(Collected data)

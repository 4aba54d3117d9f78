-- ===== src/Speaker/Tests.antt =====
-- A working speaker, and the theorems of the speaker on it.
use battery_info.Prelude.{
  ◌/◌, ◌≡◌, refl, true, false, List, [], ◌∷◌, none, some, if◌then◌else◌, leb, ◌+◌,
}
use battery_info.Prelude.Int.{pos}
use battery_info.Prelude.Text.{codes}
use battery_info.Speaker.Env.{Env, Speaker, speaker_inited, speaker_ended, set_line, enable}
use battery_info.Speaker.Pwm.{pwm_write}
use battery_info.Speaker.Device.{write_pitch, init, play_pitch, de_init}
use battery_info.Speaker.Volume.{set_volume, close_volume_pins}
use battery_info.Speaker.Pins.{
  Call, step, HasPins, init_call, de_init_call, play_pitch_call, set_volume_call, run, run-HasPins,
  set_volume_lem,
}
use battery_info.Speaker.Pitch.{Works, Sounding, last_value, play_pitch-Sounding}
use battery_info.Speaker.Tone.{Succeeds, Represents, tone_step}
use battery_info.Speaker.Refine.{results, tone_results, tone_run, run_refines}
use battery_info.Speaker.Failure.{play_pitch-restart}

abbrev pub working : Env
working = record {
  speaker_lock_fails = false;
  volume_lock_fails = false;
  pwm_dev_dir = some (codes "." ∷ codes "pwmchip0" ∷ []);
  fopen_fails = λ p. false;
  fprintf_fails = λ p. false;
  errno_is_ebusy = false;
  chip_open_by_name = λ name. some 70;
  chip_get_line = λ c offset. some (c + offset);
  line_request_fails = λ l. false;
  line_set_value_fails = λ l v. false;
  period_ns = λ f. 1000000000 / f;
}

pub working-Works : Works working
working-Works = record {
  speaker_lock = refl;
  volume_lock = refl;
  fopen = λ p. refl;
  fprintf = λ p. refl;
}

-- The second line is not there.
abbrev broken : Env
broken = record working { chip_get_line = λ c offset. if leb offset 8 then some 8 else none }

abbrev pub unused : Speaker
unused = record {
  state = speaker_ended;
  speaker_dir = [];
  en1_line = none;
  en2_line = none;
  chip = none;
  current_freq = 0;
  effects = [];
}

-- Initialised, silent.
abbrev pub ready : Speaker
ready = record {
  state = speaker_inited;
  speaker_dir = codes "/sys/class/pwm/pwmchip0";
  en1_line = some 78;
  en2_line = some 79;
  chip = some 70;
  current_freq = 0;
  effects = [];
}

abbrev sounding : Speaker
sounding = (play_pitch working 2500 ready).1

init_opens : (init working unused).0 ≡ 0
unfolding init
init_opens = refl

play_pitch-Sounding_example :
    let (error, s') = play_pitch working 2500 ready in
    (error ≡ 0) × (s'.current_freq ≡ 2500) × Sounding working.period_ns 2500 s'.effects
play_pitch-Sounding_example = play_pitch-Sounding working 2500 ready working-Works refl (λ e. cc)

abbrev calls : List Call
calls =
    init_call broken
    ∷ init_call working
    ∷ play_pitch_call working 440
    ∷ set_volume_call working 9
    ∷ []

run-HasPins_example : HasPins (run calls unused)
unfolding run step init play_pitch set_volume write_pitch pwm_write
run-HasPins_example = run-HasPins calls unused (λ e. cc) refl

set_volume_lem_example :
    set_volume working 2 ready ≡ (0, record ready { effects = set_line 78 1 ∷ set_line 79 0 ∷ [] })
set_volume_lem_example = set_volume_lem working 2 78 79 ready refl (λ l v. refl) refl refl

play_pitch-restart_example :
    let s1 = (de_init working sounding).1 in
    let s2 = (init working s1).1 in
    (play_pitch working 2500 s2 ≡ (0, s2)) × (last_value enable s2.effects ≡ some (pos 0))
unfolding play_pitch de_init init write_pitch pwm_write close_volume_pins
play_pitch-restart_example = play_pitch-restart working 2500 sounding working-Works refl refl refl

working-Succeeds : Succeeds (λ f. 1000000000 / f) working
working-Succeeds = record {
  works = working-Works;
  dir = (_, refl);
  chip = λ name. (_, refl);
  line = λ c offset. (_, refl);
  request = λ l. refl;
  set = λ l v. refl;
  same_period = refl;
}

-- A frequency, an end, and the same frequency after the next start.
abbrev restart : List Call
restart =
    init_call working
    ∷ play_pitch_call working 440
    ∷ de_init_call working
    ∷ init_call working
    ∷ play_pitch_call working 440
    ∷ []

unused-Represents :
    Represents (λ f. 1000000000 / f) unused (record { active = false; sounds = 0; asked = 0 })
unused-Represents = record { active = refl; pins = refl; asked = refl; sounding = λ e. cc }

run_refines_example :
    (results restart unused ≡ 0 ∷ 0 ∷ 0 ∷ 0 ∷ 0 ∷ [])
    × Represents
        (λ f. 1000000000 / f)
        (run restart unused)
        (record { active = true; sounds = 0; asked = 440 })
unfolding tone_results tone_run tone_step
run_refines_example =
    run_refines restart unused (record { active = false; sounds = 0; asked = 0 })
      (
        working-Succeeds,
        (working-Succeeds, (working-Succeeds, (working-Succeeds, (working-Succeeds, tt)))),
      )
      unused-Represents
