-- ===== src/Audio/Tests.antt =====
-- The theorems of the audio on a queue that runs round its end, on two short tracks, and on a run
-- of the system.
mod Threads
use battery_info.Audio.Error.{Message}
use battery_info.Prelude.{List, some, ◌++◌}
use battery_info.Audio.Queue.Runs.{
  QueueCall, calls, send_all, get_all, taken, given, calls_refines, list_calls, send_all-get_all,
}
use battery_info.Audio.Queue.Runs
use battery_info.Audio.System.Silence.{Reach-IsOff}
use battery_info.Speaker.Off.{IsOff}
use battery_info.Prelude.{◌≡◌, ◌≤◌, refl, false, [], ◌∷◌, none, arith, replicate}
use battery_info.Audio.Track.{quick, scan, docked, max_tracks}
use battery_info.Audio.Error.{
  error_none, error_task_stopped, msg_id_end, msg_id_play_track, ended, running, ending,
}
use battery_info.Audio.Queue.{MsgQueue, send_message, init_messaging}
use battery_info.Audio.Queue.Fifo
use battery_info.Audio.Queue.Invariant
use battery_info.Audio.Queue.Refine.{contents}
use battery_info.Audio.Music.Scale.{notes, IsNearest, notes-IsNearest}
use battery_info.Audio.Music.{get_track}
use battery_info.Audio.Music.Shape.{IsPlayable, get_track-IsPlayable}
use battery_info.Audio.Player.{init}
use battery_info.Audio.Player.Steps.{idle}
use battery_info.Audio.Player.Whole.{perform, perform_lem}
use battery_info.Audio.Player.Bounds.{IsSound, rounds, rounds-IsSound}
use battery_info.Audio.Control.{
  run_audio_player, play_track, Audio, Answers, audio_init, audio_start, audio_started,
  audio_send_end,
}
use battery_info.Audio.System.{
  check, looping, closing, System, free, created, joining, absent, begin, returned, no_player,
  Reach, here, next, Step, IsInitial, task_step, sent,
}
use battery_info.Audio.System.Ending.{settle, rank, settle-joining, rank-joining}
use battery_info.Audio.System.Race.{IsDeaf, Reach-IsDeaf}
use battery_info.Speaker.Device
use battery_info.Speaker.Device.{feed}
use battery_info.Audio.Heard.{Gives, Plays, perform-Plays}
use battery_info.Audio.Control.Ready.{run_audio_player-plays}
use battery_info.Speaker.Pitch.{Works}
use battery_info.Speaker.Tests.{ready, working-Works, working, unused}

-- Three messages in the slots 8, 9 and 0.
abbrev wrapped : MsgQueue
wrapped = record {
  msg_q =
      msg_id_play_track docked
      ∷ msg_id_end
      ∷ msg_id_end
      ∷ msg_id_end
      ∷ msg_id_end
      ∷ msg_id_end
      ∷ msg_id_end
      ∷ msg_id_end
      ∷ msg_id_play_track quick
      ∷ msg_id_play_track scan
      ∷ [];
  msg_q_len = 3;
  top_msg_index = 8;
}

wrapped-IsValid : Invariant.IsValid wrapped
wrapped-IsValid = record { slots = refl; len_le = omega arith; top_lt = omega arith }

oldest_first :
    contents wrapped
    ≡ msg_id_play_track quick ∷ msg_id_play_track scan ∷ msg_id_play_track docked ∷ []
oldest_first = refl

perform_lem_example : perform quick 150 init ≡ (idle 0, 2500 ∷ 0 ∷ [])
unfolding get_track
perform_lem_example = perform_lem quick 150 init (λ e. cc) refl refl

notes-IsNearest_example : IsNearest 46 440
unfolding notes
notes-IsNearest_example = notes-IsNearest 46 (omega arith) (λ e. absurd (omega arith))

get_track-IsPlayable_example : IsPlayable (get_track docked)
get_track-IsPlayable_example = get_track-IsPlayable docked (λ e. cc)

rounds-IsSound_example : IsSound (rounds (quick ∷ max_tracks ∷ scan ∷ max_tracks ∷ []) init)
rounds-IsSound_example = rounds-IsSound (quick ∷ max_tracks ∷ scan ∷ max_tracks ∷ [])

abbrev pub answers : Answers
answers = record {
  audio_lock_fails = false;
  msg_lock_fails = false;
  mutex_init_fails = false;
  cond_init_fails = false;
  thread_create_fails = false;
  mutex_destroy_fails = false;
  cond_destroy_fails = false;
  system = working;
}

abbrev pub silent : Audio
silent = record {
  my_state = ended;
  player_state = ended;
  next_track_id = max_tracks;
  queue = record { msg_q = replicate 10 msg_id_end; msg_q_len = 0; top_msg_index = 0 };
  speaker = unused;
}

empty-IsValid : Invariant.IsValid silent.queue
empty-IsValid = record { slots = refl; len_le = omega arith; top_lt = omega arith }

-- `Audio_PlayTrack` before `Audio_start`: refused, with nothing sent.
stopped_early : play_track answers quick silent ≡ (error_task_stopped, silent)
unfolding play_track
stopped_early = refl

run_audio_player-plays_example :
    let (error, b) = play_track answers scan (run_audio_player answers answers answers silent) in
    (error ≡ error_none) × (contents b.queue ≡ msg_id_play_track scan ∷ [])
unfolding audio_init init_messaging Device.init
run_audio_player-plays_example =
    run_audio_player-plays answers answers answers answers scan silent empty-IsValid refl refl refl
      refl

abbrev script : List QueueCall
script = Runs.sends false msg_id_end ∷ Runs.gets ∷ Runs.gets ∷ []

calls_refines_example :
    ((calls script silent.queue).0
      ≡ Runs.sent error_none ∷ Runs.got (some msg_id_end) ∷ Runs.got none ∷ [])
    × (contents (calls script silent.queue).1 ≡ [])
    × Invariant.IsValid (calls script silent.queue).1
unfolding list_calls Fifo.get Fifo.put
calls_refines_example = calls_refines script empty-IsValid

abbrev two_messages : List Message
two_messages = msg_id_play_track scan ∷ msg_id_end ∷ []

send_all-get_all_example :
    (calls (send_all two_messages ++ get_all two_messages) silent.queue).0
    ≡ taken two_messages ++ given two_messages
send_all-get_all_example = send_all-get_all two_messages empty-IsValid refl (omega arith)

...

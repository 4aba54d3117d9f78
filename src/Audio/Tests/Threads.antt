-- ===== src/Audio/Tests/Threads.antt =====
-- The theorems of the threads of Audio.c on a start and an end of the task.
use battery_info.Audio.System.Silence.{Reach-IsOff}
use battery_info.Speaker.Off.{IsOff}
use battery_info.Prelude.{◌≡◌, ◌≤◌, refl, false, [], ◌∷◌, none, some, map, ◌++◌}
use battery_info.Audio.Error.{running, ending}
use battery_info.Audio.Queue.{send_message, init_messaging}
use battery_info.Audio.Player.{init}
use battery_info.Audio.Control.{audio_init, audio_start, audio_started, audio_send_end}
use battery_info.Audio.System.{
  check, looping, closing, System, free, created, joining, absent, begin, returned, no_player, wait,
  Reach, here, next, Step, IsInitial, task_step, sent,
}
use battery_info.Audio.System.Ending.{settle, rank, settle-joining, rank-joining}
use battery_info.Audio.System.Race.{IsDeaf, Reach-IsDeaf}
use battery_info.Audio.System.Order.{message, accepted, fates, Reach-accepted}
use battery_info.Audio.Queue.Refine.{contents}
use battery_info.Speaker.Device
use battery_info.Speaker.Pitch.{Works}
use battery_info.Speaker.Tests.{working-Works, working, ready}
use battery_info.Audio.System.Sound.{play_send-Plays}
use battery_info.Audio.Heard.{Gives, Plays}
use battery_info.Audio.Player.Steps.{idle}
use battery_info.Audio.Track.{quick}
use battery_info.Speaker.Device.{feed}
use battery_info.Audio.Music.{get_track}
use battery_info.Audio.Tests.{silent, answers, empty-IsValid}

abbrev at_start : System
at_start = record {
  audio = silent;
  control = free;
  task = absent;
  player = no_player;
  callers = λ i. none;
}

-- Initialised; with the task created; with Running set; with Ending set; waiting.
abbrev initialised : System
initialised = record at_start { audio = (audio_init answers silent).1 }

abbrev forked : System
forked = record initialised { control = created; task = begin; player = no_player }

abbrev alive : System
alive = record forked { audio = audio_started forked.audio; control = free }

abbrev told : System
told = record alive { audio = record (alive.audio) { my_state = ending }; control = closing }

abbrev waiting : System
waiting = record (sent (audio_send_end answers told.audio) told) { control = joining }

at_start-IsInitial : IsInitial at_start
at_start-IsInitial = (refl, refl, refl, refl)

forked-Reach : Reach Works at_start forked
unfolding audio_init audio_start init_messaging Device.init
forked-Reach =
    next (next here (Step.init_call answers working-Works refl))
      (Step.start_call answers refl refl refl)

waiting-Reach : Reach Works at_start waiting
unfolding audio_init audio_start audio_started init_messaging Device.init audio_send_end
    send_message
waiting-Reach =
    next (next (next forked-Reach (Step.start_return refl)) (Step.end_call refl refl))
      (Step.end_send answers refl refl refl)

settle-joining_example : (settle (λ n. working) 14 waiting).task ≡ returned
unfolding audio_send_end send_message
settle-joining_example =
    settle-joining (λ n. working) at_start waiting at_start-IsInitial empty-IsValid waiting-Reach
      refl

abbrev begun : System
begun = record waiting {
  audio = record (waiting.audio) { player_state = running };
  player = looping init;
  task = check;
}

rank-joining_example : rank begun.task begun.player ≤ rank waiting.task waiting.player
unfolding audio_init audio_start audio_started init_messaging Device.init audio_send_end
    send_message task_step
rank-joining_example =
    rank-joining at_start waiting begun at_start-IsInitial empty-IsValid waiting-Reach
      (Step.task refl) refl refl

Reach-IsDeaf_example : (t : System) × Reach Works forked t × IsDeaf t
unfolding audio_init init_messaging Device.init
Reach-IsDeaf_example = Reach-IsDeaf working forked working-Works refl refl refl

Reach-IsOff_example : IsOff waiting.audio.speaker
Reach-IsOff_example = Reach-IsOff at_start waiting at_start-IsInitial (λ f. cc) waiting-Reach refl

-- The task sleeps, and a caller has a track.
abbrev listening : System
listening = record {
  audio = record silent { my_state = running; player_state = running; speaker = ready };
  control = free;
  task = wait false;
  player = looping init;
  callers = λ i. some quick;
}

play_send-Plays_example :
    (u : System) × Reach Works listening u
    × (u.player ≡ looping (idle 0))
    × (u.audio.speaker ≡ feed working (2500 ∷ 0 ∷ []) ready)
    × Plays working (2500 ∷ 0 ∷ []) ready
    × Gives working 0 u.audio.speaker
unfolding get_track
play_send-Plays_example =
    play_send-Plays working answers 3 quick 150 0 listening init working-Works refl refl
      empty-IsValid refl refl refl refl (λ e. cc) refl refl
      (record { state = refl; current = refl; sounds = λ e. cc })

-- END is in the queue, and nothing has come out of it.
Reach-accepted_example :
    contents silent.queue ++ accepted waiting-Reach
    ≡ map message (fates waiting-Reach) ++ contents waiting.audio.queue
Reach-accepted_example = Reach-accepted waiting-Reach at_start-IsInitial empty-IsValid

---

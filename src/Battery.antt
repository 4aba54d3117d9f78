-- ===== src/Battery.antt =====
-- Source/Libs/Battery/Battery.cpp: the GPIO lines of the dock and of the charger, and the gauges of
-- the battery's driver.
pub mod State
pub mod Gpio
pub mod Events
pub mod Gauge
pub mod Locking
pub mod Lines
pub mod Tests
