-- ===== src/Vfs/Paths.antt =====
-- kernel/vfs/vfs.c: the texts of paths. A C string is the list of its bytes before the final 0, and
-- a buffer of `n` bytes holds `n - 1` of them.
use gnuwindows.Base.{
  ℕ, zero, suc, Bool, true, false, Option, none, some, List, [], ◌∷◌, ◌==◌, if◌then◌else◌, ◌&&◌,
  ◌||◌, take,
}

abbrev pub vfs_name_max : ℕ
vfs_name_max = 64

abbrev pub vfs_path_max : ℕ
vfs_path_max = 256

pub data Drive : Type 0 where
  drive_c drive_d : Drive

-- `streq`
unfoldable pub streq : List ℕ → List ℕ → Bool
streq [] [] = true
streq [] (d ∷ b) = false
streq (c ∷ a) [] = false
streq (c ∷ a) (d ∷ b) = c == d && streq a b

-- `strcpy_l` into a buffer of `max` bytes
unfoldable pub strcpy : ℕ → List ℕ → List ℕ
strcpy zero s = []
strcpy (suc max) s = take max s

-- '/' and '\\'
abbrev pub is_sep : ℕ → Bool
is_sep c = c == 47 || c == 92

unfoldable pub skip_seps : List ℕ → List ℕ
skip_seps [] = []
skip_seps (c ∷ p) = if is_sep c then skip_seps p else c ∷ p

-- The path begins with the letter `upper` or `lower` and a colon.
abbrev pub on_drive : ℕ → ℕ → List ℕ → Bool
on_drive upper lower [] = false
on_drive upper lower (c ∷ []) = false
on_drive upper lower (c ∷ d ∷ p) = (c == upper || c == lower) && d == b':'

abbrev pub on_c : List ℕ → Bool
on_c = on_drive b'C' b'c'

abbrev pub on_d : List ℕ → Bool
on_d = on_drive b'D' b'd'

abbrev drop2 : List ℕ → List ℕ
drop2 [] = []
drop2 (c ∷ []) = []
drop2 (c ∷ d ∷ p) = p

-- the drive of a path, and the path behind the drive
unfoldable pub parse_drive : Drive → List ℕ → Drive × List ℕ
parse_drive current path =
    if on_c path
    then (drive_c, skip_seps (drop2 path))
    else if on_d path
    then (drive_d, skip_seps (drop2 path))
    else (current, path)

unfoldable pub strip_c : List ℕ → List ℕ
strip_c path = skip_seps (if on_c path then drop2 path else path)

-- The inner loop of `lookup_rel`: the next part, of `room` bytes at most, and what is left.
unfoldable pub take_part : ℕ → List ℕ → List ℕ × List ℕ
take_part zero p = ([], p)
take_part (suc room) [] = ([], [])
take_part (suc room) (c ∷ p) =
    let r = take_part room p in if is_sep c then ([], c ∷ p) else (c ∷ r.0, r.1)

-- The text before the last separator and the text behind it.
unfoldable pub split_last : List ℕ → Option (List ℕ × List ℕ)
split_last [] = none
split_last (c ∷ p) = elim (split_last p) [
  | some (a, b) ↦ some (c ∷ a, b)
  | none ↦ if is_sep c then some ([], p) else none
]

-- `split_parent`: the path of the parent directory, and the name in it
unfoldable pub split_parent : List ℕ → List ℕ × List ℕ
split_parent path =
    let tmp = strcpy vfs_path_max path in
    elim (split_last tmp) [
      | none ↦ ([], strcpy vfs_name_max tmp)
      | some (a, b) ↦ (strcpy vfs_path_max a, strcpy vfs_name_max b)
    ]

• About this task: Which lines above run from the one containing "chip_open_by_name = λ name. some 70;" to the one containing "abbrev broken : Env"? Give them again exactly, both ends included.

• Reply:
  chip_open_by_name = λ name. some 70;
  chip_get_line = λ c offset. some (c + offset);
  line_request_fails = λ l. false;
  line_set_value_fails = λ l v. false;
  period_ns = λ f. 1000000000 / f;
}

pub working-Works : Works working
working-Works = record {
  speaker_lock = refl;
  volume_lock = refl;
  fopen = λ p. refl;
  fprintf = λ p. refl;
}

-- The second line is not there.
abbrev broken : Env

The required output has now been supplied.